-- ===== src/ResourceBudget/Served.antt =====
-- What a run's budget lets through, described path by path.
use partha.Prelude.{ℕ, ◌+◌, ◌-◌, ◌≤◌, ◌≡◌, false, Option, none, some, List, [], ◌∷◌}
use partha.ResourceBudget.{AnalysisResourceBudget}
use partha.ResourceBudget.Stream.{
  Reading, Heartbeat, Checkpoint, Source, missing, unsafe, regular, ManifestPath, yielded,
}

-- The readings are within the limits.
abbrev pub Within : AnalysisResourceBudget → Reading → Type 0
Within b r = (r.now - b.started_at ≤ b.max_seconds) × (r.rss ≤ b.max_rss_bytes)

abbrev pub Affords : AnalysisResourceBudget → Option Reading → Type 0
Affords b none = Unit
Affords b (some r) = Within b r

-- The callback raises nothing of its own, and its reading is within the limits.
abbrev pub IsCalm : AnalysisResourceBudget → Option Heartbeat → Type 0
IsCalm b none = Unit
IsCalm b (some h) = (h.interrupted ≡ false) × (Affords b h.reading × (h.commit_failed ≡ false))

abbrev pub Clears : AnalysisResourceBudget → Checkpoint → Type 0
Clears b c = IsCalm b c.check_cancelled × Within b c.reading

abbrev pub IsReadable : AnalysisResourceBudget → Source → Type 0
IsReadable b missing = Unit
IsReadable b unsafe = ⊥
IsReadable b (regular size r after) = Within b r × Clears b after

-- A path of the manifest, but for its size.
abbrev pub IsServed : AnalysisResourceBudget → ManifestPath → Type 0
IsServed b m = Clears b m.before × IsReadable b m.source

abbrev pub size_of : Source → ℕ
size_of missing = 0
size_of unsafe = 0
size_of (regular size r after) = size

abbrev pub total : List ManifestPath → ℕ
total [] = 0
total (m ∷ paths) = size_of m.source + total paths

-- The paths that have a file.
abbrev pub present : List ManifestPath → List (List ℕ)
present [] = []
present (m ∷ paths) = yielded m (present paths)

**Instructions for the task:**
Each line that contains the word "missing" adds to the total; give the total for the material and nothing else.

**Task output:**
3